# What you should do
For the listing below, output exactly the lines from the line with "buffer = b;" up to and including the line with "abbrev pub count_sent", and no other lines.

# Data under study
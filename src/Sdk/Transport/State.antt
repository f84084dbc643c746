-- ===== src/Sdk/Transport/State.antt =====
-- `BatchedLogTransport` as an object: its buffer, its flags, its counters and where the flusher
-- task stands. A method runs to its next `await`; `_flusher` is cut there into `wake` and `sent`.
use inferspect.Prelude.{
  ℕ, ◌+◌, ◌-◌, Bool, true, false, not, ◌&&◌, Option, none, some, List, [], ◌∷◌, ◌++◌, length, drop,
  ltb, leb, ◌==◌, if◌then◌else◌,
}
use inferspect.Sdk.Transport.Send.{Outcome, Response, send}

pub record Options : Type 0 where
  pub batch_max : ℕ
  pub queue_max : ℕ
  pub max_retries : ℕ

-- Where the flusher task stands: not started, at `wait_for`, inside `_send`, at its end, or ended
-- by an exception.
pub data Flusher {ℓ} (E : Type ℓ) : Type ℓ where
  absent waiting stopped failed : Flusher E
  sending : List E → Flusher E

-- How a call of `close` stands: it has returned, raises the exception of the flusher, or waits.
pub data Closing : Type 0 where
  closed raises waits : Closing

-- What `stats()` reports.
pub record Stats : Type 0 where
  pub queued : ℕ
  pub dropped : ℕ
  pub flushed : ℕ
  pub failed_batches : ℕ

pub record Transport {ℓ} (E : Type ℓ) : Type ℓ where
  pub buffer : List E
  pub flush_event : Bool
  pub closed : Bool
  pub flusher : Flusher E
  pub dropped_count : ℕ
  pub flushed_count : ℕ
  pub failed_batches : ℕ

module _ {ℓ} {E : Type ℓ} where
  abbrev pub init : Transport E
  init = record {
    buffer = [];
    flush_event = false;
    closed = false;
    flusher = Flusher.absent;
    dropped_count = 0;
    flushed_count = 0;
    failed_batches = 0;
  }

  abbrev pub is_empty : List E → Bool
  is_empty [] = true
  is_empty (x ∷ xs) = false

  -- `deque(maxlen=n).append(x)`: a full deque loses its oldest items.
  unfoldable pub append_max : ℕ → E → List E → List E
  append_max n x xs = let ys = xs ++ x ∷ [] in drop (length ys - n) ys

  abbrev pub start : Transport E → Transport E
  start s = elim s.flusher [ Flusher.absent ↦ record s { flusher = Flusher.waiting } | _ ↦ s ]

  -- `close` up to the wait for the task.
  abbrev pub close : Transport E → Transport E
  close s = record s { closed = true; flush_event = true }

  -- The rest of `close`, once the task has ended: `await self._task` raises the exception of a flusher
  -- that has crashed, which leaves the task in its place. A task that goes on is still waited for.
  abbrev pub close_end : Transport E → Closing × Transport E
  close_end s = elim s.flusher [
    | Flusher.stopped ↦ (Closing.closed, record s { flusher = Flusher.absent })
    | Flusher.failed ↦ (Closing.raises, s)
    | Flusher.absent ↦ (Closing.closed, s)
    | _ ↦ (Closing.waits, s)
  ]

  unfoldable pub enqueue : Options → E → Transport E → Transport E
  enqueue o e s =
      let b = append_max o.queue_max e s.buffer in
      record s {
        buffer = b;
        flush_event = if leb o.batch_max (length b) then true else s.flush_event;
      }

  -- `none` is the `IndexError` of `popleft` on an empty buffer.
  abbrev pub drop_oldest : Transport E → List E → Option (Transport E)
  drop_oldest s [] = none
  drop_oldest s (x ∷ rest) = some (record s { buffer = rest; dropped_count = s.dropped_count + 1 })

  abbrev pub enqueue_after : Options → E → Option (Transport E) → Option (Transport E)
  enqueue_after o e none = none
  enqueue_after o e (some s) = some (enqueue o e s)

  unfoldable pub submit : Options → E → Transport E → Option (Transport E)
  submit o e s =
      if s.closed
      then some s
      else if length s.buffer == o.queue_max
      then enqueue_after o e (drop_oldest s s.buffer)
      else some (enqueue o e s)

  -- `while self._buffer and len(batch) < self.batch_max`
  unfoldable pub fill_batch : ℕ → List E → List E → List E × List E
  fill_batch n batch [] = (batch, [])
  fill_batch n batch (x ∷ xs) =
      if ltb (length batch) n then fill_batch n (batch ++ x ∷ []) xs else (batch, x ∷ xs)

  -- The end of a round: `if self._closed and not self._buffer: break`.
  abbrev pub settle : Transport E → Transport E
  settle s = record s {
    flusher = if s.closed && is_empty s.buffer then Flusher.stopped else Flusher.waiting;
  }

  abbrev pub begin_send : List E → List E → Transport E → Transport E
  begin_send [] rest s = settle (record s { buffer = rest })
  begin_send (e ∷ batch) rest s = record s { buffer = rest; flusher = Flusher.sending (e ∷ batch) }

  -- A round of the flusher from its wait to the `await` of `_send`, or to the end of the round.
  unfoldable pub wake : Options → Transport E → Transport E
  wake o s = elim s.flusher [
    | Flusher.waiting ↦
        if is_empty s.buffer && not s.closed
        then record s { flush_event = false }
        else (let (batch, rest) = fill_batch o.batch_max [] s.buffer in
            begin_send batch rest (record s { flush_event = false }))
    | _ ↦ s
  ]

  abbrev pub count_sent : List E → Outcome → Transport E → Transport E
  count_sent batch Outcome.flushed s =
      settle (record s { flushed_count = s.flushed_count + length batch })
  count_sent batch Outcome.rejected s = settle (record s { failed_batches = s.failed_batches + 1 })
  count_sent batch Outcome.exhausted s = settle (record s { failed_batches = s.failed_batches + 1 })
  count_sent batch Outcome.crashed s = record s { flusher = Flusher.failed }

  -- `_send` returns, and the round ends.
  unfoldable pub sent : Options → (ℕ → Response) → Transport E → Transport E
  sent o post s = elim s.flusher [
    | Flusher.sending batch ↦ count_sent batch ((send o.max_retries post).outcome) s
    | _ ↦ s
  ]

  abbrev pub stats : Transport E → Stats
  stats s = record {
    queued = length s.buffer;
    dropped = s.dropped_count;
    flushed = s.flushed_count;
    failed_batches = s.failed_batches;
  }
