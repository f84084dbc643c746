-- ===== src/Sdk/Client/Logger.antt =====
-- `InferenceLogger.inference` and `.tool_call`: a span is opened, its methods are called in any
-- order, and whichever way the block is left, a log is submitted.
use inferspect.Prelude.{ℕ, String, Option, none, some, List, [], ◌∷◌}
use inferspect.Value.{Value, Fields}
use inferspect.Value.Codec.{Codec}
use inferspect.Sdk.Schema.{Status, FinishReason, InferenceLog, ToolExecutionLog}
use inferspect.Sdk.Client.Chunk.{Message}
use inferspect.Sdk.Client.Span.{
  Opening, InferenceSpan, Ending, Raised, open_span, observe_chunk, set_response,
  set_output_preview, set_tokens, set_cost, set_finish_reason, set_metadata, finalize,
}
use inferspect.Sdk.Client.Tool.{
  ToolOpening, ToolSpan, open_tool, set_result, set_tool_metadata, finalize_tool,
}
use inferspect.Sdk.Transport.State.{Options, Transport, submit}

-- How the block is left; `interrupted` is `KeyboardInterrupt` or `GeneratorExit`.
pub data Exit : Type 0 where
  returned interrupted : Exit
  cancelled timed_out failed : Raised → Exit

abbrev pub status_of : Exit → Status
status_of returned = Status.ok
status_of interrupted = Status.ok
status_of (cancelled e) = Status.cancelled
status_of (timed_out e) = Status.timeout
status_of (failed e) = Status.error

abbrev pub error_of : Exit → Option Raised
error_of returned = none
error_of interrupted = none
error_of (cancelled e) = some e
error_of (timed_out e) = some e
error_of (failed e) = some e

-- The methods that a block may call on its span.
pub data SpanCall : Type 0 where
  observe : ℕ → Message → SpanCall
  respond : Message → SpanCall
  output : String → SpanCall
  tokens : Option ℕ → Option ℕ → SpanCall
  cost : String → SpanCall
  finish : FinishReason → SpanCall
  meta : Fields → SpanCall

unfoldable pub call_span : Codec → SpanCall → InferenceSpan → InferenceSpan
call_span c (observe elapsed m) s = observe_chunk c elapsed m s
call_span c (respond m) s = set_response c m s
call_span c (output text) s = set_output_preview text s
call_span c (tokens p q) s = set_tokens p q s
call_span c (cost usd) s = set_cost usd s
call_span c (finish reason) s = set_finish_reason reason s
call_span c (meta kwargs) s = set_metadata kwargs s

unfoldable pub call_all : Codec → List SpanCall → InferenceSpan → InferenceSpan
call_all c [] s = s
call_all c (call ∷ calls) s = call_all c calls (call_span c call s)

pub data ToolCallStep : Type 0 where
  result : Value → ToolCallStep
  tool_meta : Fields → ToolCallStep

unfoldable pub call_tool : Codec → (String → ℕ) → List ToolCallStep → ToolSpan → ToolSpan
call_tool c utf8_len [] s = s
call_tool c utf8_len (result v ∷ steps) s = call_tool c utf8_len steps (set_result c utf8_len v s)
call_tool c utf8_len (tool_meta kwargs ∷ steps) s =
    call_tool c utf8_len steps (set_tool_metadata kwargs s)

module _ (c : Codec) (redact : String → String) where
  unfoldable pub inference_log :
      Opening → ℕ → String → Fields → List SpanCall → Exit → Ending → InferenceLog
  inference_log opening started_at input_preview metadata calls exit e =
      finalize redact e (status_of exit) (error_of exit)
        (call_all c calls (open_span opening started_at input_preview metadata))

  unfoldable pub tool_log :
      (String → ℕ)
      → ToolOpening
      → ℕ
      → String
      → Fields
      → List ToolCallStep
      → Exit
      → Ending
      → ToolExecutionLog
  tool_log utf8_len opening started_at args_preview metadata steps exit e =
      finalize_tool redact e (status_of exit) (error_of exit)
        (call_tool c utf8_len steps (open_tool opening started_at args_preview metadata))

-- The `finally` of the block: `dump` is `model_dump(mode="json")`.
abbrev pub submit_log {ℓ κ} :
    {E : Type ℓ} {L : Type κ} → (L → E) → Options → L → Transport E → Option (Transport E)
submit_log dump o log t = submit o (dump log) t
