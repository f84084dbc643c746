-- ===== src/Sdk/Client/Streaming.antt =====
-- What a span gathers from a stream of chunks.
use inferspect.Prelude.{
  ℕ, ◌≡◌, refl, sym, ap, ◌∙◌, String, Bool, true, false, not, ◌&&◌, ◌||◌, Option, none, some, List,
  [], ◌∷◌, ◌++◌, arith, inl, inr, Bool-cases, str_eq, eq_iff, str_append, str_append_empty,
  str_append_assoc, str_join, str_join-snoc, if◌then◌else◌,
}
use inferspect.Value.{Fields}
use inferspect.Value.Codec.{Codec}
use inferspect.Sdk.Schema.{ToolCallSummary}
use inferspect.Sdk.Client.{truncate}
use inferspect.Sdk.Client.Chunk.{Usage, ToolCall, Message, chunk_text}
use inferspect.Sdk.Client.Span.{
  Opening, InferenceSpan, Ending, open_span, with_usage, with_text, has_name, name_or_empty,
  args_text, first_of, add_tool_chunks, observe_chunk, finalize,
}
use inferspect.Sdk.Client.Logger.{Exit, SpanCall, observe, call_span, call_all, inference_log}

-- A stream: each chunk with the milliseconds since the start.
abbrev pub observed : List (ℕ × Message) → List SpanCall
observed [] = []
observed ((t, m) ∷ stream) = observe t m ∷ observed stream

abbrev pub texts : Codec → List (ℕ × Message) → List String
texts c [] = []
texts c ((t, m) ∷ stream) = chunk_text c m.body ∷ texts c stream

abbrev pub first_time : List (ℕ × Message) → Option ℕ
first_time [] = none
first_time ((t, m) ∷ stream) = some t

-- No two tool calls have the same name.
abbrev pub distinct : List ToolCallSummary → Bool
distinct [] = true
distinct (t ∷ ts) = not (has_name t.name ts) && distinct ts

has_name-snoc :
    (name : String) (ts : List ToolCallSummary) (t : ToolCallSummary)
    → has_name name (ts ++ t ∷ []) ≡ (has_name name ts || str_eq t.name name)
has_name-snoc name [] t = ground arith
has_name-snoc name (u ∷ ts) t = ground (arith, has_name-snoc name ts t)

distinct-snoc :
    (ts : List ToolCallSummary) (t : ToolCallSummary)
    → distinct ts ≡ true
    → has_name t.name ts ≡ false
    → distinct (ts ++ t ∷ []) ≡ true
distinct-snoc [] t d h = refl
distinct-snoc (u ∷ ts) t d h = ground (
  arith,
  distinct-snoc ts t,
  has_name-snoc u.name ts t,
  eq_iff t.name u.name,
  eq_iff u.name t.name,
)

add_one-distinct :
    (known : List ToolCallSummary) (t : ToolCallSummary) (unnamed : Bool)
    → distinct known ≡ true
    → distinct (if not unnamed && not (has_name t.name known) then known ++ t ∷ [] else known)
      ≡ true
add_one-distinct known t unnamed d = ground (arith, distinct-snoc known t d)

add_tool_chunks-distinct :
    (c : Codec) (tcs : List ToolCall) (known : List ToolCallSummary)
    → distinct known ≡ true
    → distinct (add_tool_chunks c tcs known) ≡ true
unfolding add_tool_chunks
add_tool_chunks-distinct c [] known d = d
add_tool_chunks-distinct c (tc ∷ tcs) known d = add_tool_chunks-distinct c tcs _ (
    add_one-distinct known
      (record { name = name_or_empty tc.name; args_preview = truncate (args_text c tc.args) })
      (str_eq (name_or_empty tc.name) "") d)

pub with_usage-output :
    (u : Option Usage) (s : InferenceSpan) → (with_usage u s).output_chunks ≡ s.output_chunks
with_usage-output none s = refl
with_usage-output (some u) s = refl

pub with_usage-ttft : (u : Option Usage) (s : InferenceSpan) → (with_usage u s).ttft_ms ≡ s.ttft_ms
with_usage-ttft none s = refl
with_usage-ttft (some u) s = refl

with_usage-tools :
    (u : Option Usage) (s : InferenceSpan) → (with_usage u s).tool_calls ≡ s.tool_calls
with_usage-tools none s = refl
with_usage-tools (some u) s = refl

pub with_text-output :
    (t : String) (s : InferenceSpan)
    → str_join (with_text t s).output_chunks ≡ str_append (str_join s.output_chunks) t
with_text-output t s = elim (Bool-cases (str_eq t "")) [
  | inl e ↦ rw e (
      sym (str_append_empty (str_join s.output_chunks))
      ∙ ap (str_append (str_join s.output_chunks)) (sym ((eq_iff t "").0 e)))
  | inr e ↦ rw e (str_join-snoc s.output_chunks t)
]

pub with_text-ttft : (t : String) (s : InferenceSpan) → (with_text t s).ttft_ms ≡ s.ttft_ms
with_text-ttft t s = elim (Bool-cases (str_eq t "")) [ inl e ↦ rw e refl | inr e ↦ rw e refl ]

with_text-tools : (t : String) (s : InferenceSpan) → (with_text t s).tool_calls ≡ s.tool_calls
with_text-tools t s = elim (Bool-cases (str_eq t "")) [ inl e ↦ rw e refl | inr e ↦ rw e refl ]

-- A time that is already known stays.
abbrev pub known_or : Option ℕ → Option ℕ → Option ℕ
known_or none later = later
known_or (some t) later = some t

first_known : (o : Option ℕ) (t : ℕ) → first_of o t ≡ known_or o (some t)
first_known none t = refl
first_known (some u) t = refl

known_none : (o : Option ℕ) → o ≡ known_or o none
known_none none = refl
known_none (some t) = refl

known_again : (o a b : Option ℕ) → known_or (known_or o a) b ≡ known_or o (known_or a b)
known_again none a b = refl
known_again (some t) a b = refl

-- What a stream adds to a span.
pub record Gathers (c : Codec) (stream : List (ℕ × Message)) (s s' : InferenceSpan) : Type 0 where
  pub output :
      str_join s'.output_chunks ≡ str_append (str_join s.output_chunks) (str_join (texts c stream))
  pub ttft : s'.ttft_ms ≡ known_or s.ttft_ms (first_time stream)
  pub tools : distinct s.tool_calls ≡ true → distinct s'.tool_calls ≡ true

observe-Gathers :
    (c : Codec) (t : ℕ) (m : Message) (s : InferenceSpan)
    → Gathers c ((t, m) ∷ []) s (observe_chunk c t m s)
unfolding observe_chunk
observe-Gathers c t m s =
    let text = chunk_text c m.body in
    let s1 = record s { ttft_ms = first_of s.ttft_ms t } in
    let s2 = with_text text s1 in
    record {
      output =
          ap str_join (with_usage-output m.usage s2)
          ∙ with_text-output text s1
          ∙ ap (str_append (str_join s.output_chunks)) (sym (str_append_empty text));
      ttft = with_usage-ttft m.usage s2 ∙ with_text-ttft text s1 ∙ first_known s.ttft_ms t;
      tools = λ d.
          add_tool_chunks-distinct c m.calls (with_usage m.usage s2).tool_calls
            (ap distinct (with_usage-tools m.usage s2 ∙ with_text-tools text s1) ∙ d);
    }

pub observed-Gathers :
    (c : Codec) (stream : List (ℕ × Message)) (s : InferenceSpan)
    → Gathers c stream s (call_all c (observed stream) s)
unfolding call_all call_span
observed-Gathers c [] s = record {
  output = sym (str_append_empty (str_join s.output_chunks));
  ttft = known_none s.ttft_ms;
  tools = λ d. d;
}
observed-Gathers c ((t, m) ∷ stream) s =
    let one = observe-Gathers c t m s in
    let more = observed-Gathers c stream (observe_chunk c t m s) in
    let text = chunk_text c m.body in
    let sofar = str_join s.output_chunks in
    record {
      output =
          more.output
          ∙ ap (λ r. str_append r (str_join (texts c stream))) one.output
          ∙ ap (λ r. str_append (str_append sofar r) (str_join (texts c stream)))
              (str_append_empty text)
          ∙ str_append_assoc sofar text (str_join (texts c stream));
      ttft =
          more.ttft
          ∙ ap (λ o. known_or o (first_time stream)) one.ttft
          ∙ known_again s.ttft_ms (some t) (first_time stream);
      tools = λ d. more.tools (one.tools d);
    }

-- When a block only observes a stream of chunks, its log has the truncated text of all chunks in
-- their order, redacted, the time of the first chunk, and no two tool calls of the same name.
pub stream_log :
    (c : Codec) (redact : String → String) (opening : Opening) (started_at : ℕ) (input : String)
    (metadata : Fields) (stream : List (ℕ × Message)) (exit : Exit) (e : Ending)
    → let log = inference_log c redact opening started_at input metadata (observed stream) exit e in
      (log.output_preview ≡ redact (truncate (str_join (texts c stream))))
      × (log.ttft_ms ≡ first_time stream)
      × (distinct log.tool_calls_summary ≡ true)
unfolding inference_log finalize open_span
stream_log c redact opening started_at input metadata stream exit e =
    let g = observed-Gathers c stream (open_span opening started_at input metadata) in
    (ap (λ t. redact (truncate t)) g.output, g.ttft, g.tools refl)
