-- ===== src/Sdk/Openai.antt =====
-- packages/chatbot-sdk/chatbot_sdk/integrations/openai.py: the wrapper of `chat.completions.create` of
-- an async client, over a script of what the client does.
pub mod Traced
use inferspect.Prelude.{
  ℕ, String, Bool, true, false, not, ◌||◌, Option, none, some, List, [], ◌∷◌, ◌++◌, reverse, str_eq,
  str_take, str_append, if◌then◌else◌,
}
use inferspect.Value.{Value, Items, Fields, str, arr, obj, nil, cons, end, truthy, lookup, get}
use inferspect.Value.Codec.{Codec}
use inferspect.Sdk.Schema.{InferenceLog}
use inferspect.Sdk.Client.Chunk.{Chunk, object, nothing, whole, Usage, ToolCall, Message}
use inferspect.Sdk.Client.Span.{Opening, Ending, Raised}
use inferspect.Sdk.Client.Streaming.{observed}
use inferspect.Sdk.Client.Logger.{Exit, returned, SpanCall, observe, respond, meta, inference_log}

-- `tc.function`, with arguments that are missing, a text or another value.
pub record Function : Type 0 where
  pub name : Option String
  pub arguments : Option Value

-- A message or a delta; a tool call may have no function.
pub record Delta : Type 0 where
  pub content : Option String
  pub tool_calls : List (Option Function)

pub record CompletionUsage : Type 0 where
  pub prompt_tokens : Option ℕ
  pub completion_tokens : Option ℕ

-- A ChatCompletion or a ChatCompletionChunk, by its first choice.
pub record Completion : Type 0 where
  pub choice : Option Delta
  pub usage : Option CompletionUsage

abbrev or_empty : Option String → String
or_empty none = ""
or_empty (some s) = s

abbrev or_zero : Option ℕ → Option ℕ
or_zero none = some 0
or_zero (some n) = some n

abbrev pub usage_of : Option CompletionUsage → Option Usage
usage_of none = none
usage_of (some u) =
    some (record {
      input_tokens = or_zero u.prompt_tokens;
      output_tokens = or_zero u.completion_tokens;
    })

abbrev name_of : Option Function → String
name_of none = ""
name_of (some fn) = or_empty fn.name

abbrev arguments_of : Option Function → Option Value
arguments_of none = none
arguments_of (some fn) = fn.arguments

abbrev loaded : Option Value → Value → Value
loaded none raw = raw
loaded (some v) raw = v

-- A text is parsed where it can be; of anything else, `raw_args or {}`.
abbrev parsed_args : Codec → Option Value → Value
parsed_args c none = obj end
parsed_args c (some (str s)) = loaded (c.loads s) (str s)
parsed_args c (some v) = if truthy v then v else obj end

abbrev response_calls : Codec → List (Option Function) → List ToolCall
response_calls c [] = []
response_calls c (fn ∷ fns) =
    record { name = some (name_of fn); args = some (parsed_args c (arguments_of fn)) }
    ∷ response_calls c fns

abbrev or_blank : Option Value → Value
or_blank none = str ""
or_blank (some v) = if truthy v then v else str ""

abbrev has_arguments : Option Value → Bool
has_arguments none = false
has_arguments (some v) = truthy v

-- Only a call that has a name or arguments is kept.
abbrev pub chunk_calls : List (Option Function) → List ToolCall
chunk_calls [] = []
chunk_calls (fn ∷ fns) =
    let rest = chunk_calls fns in
    if not (str_eq (name_of fn) "") || has_arguments (arguments_of fn)
    then record { name = some (name_of fn); args = some (or_blank (arguments_of fn)) } ∷ rest
    else rest

abbrev packed : String → Option CompletionUsage → List ToolCall → Message
packed content usage calls = record {
  body = object (whole content) none nothing;
  usage = usage_of usage;
  calls = calls;
}

-- `_normalize_response`; with no choice there is no content and no call.
unfoldable pub normalize_response : Codec → Completion → Message
normalize_response c r = elim r.choice [
  | none ↦ packed "" r.usage []
  | some m ↦ packed (or_empty m.content) r.usage (response_calls c m.tool_calls)
]

unfoldable pub normalize_chunk : Completion → Message
normalize_chunk r = elim r.choice [
  | none ↦ packed "" r.usage []
  | some d ↦ packed (or_empty d.content) r.usage (chunk_calls d.tool_calls)
]

-- The texts of a content list.
abbrev content_text : Codec → Items → String
content_text c nil = ""
content_text c (cons (obj p) xs) =
    let rest = content_text c xs in
    elim (lookup "text" p) [ none ↦ rest | some v ↦ str_append (c.text v) rest ]
content_text c (cons (str p) xs) = str_append p (content_text c xs)
content_text c (cons _ xs) = content_text c xs

abbrev is_user : Value → Bool
is_user (str s) = str_eq s "user"
is_user _ = false

abbrev user_text : Codec → Value → Option String
user_text c (str s) = some (str_take 500 s)
user_text c (arr xs) = some (str_take 500 (content_text c xs))
user_text c _ = none

abbrev text_of_user : Codec → Value → Option String
text_of_user c (obj m) = if is_user (get "role" m) then user_text c (get "content" m) else none
text_of_user c _ = none

abbrev first_text : Codec → List Value → String
first_text c [] = ""
first_text c (m ∷ ms) =
    let later = first_text c ms in elim (text_of_user c m) [ none ↦ later | some t ↦ t ]

-- `_last_user_text`
unfoldable pub last_user_text : Codec → List Value → String
last_user_text c messages = first_text c (reverse messages)

-- What the client does: the call raises, answers, or gives a stream of chunks, each with the time
-- since the start of the span, that is drained or left by an exception.
pub data Script : Type 0 where
  raises : Exit → Script
  answers : Completion → Script
  streams : List (ℕ × Completion) → Option Exit → Script

-- What the caller sees.
pub data Seen : Type 0 where
  sees_error : Exit → Seen
  sees : Completion → Seen
  sees_stream : List Completion → Option Exit → Seen

abbrev pub normalized : List (ℕ × Completion) → List (ℕ × Message)
normalized [] = []
normalized ((t, chunk) ∷ rest) = (t, normalize_chunk chunk) ∷ normalized rest

abbrev pub yielded : List (ℕ × Completion) → List Completion
yielded [] = []
yielded ((t, chunk) ∷ rest) = chunk ∷ yielded rest

-- The times that are stamped, as the metadata after the call and after a stream.
pub record Timing : Type 0 where
  pub called : Fields
  pub drained : Fields

-- `_stream_proxy`: what it yields, the calls on the span and the exit.
abbrev pub stream_proxy : Timing → List (ℕ × Completion) → Option Exit → Seen × List SpanCall × Exit
stream_proxy timing chunks none = (
  sees_stream (yielded chunks) none,
  observed (normalized chunks) ++ meta timing.drained ∷ [],
  returned,
)
stream_proxy timing chunks (some e) =
    (sees_stream (yielded chunks) (some e), observed (normalized chunks), e)

abbrev after_call : SpanCall → Seen × List SpanCall × Exit → Seen × List SpanCall × Exit
after_call call (seen, calls, exit) = (seen, call ∷ calls, exit)

-- The wrapper's block.
unfoldable pub wrapper : Codec → Timing → Script → Seen × List SpanCall × Exit
wrapper c timing (raises e) = (sees_error e, [], e)
wrapper c timing (answers r) =
    (sees r, respond (normalize_response c r) ∷ meta timing.called ∷ [], returned)
wrapper c timing (streams chunks left) =
    after_call (meta timing.called) (stream_proxy timing chunks left)

-- What a call is given: `model`, `stream` and `messages`, and the context of the logger.
pub record Call : Type 0 where
  pub service : String
  pub request_id : String
  pub conversation_id : Option String
  pub session_id : Option String
  pub user_id : Option String
  pub model : Option String
  pub stream : Bool
  pub messages : List Value

abbrev model_of : Option String → String
model_of none = "unknown"
model_of (some m) = m

abbrev pub opening_of : Call → Opening
opening_of call = record {
  service = call.service;
  request_id = call.request_id;
  conversation_id = call.conversation_id;
  session_id = call.session_id;
  user_id = call.user_id;
  provider = "openai";
  model = model_of call.model;
  stream = call.stream;
}

-- A call of the wrapped method: what the caller sees, and the log that is submitted.
unfoldable pub create :
    Codec → (String → String) → Call → ℕ → Fields → Timing → Script → Ending → Seen × InferenceLog
create c redact call started_at metadata timing script e =
    let (seen, calls, exit) = wrapper c timing script in
    (
      seen,
      inference_log c redact (opening_of call) started_at (last_user_text c call.messages) metadata
          calls exit e,
    )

# Response for this exercise
        buffer = b;
        flush_event = if leb o.batch_max (length b) then true else s.flush_event;
      }

  -- `none` is the `IndexError` of `popleft` on an empty buffer.
  abbrev pub drop_oldest : Transport E → List E → Option (Transport E)
  drop_oldest s [] = none
  drop_oldest s (x ∷ rest) = some (record s { buffer = rest; dropped_count = s.dropped_count + 1 })

  abbrev pub enqueue_after : Options → E → Option (Transport E) → Option (Transport E)
  enqueue_after o e none = none
  enqueue_after o e (some s) = some (enqueue o e s)

  unfoldable pub submit : Options → E → Transport E → Option (Transport E)
  submit o e s =
      if s.closed
      then some s
      else if length s.buffer == o.queue_max
      then enqueue_after o e (drop_oldest s s.buffer)
      else some (enqueue o e s)

  -- `while self._buffer and len(batch) < self.batch_max`
  unfoldable pub fill_batch : ℕ → List E → List E → List E × List E
  fill_batch n batch [] = (batch, [])
  fill_batch n batch (x ∷ xs) =
      if ltb (length batch) n then fill_batch n (batch ++ x ∷ []) xs else (batch, x ∷ xs)

  -- The end of a round: `if self._closed and not self._buffer: break`.
  abbrev pub settle : Transport E → Transport E
  settle s = record s {
    flusher = if s.closed && is_empty s.buffer then Flusher.stopped else Flusher.waiting;
  }

  abbrev pub begin_send : List E → List E → Transport E → Transport E
  begin_send [] rest s = settle (record s { buffer = rest })
  begin_send (e ∷ batch) rest s = record s { buffer = rest; flusher = Flusher.sending (e ∷ batch) }

  -- A round of the flusher from its wait to the `await` of `_send`, or to the end of the round.
  unfoldable pub wake : Options → Transport E → Transport E
  wake o s = elim s.flusher [
    | Flusher.waiting ↦
        if is_empty s.buffer && not s.closed
        then record s { flush_event = false }
        else (let (batch, rest) = fill_batch o.batch_max [] s.buffer in
            begin_send batch rest (record s { flush_event = false }))
    | _ ↦ s
  ]

  abbrev pub count_sent : List E → Outcome → Transport E → Transport E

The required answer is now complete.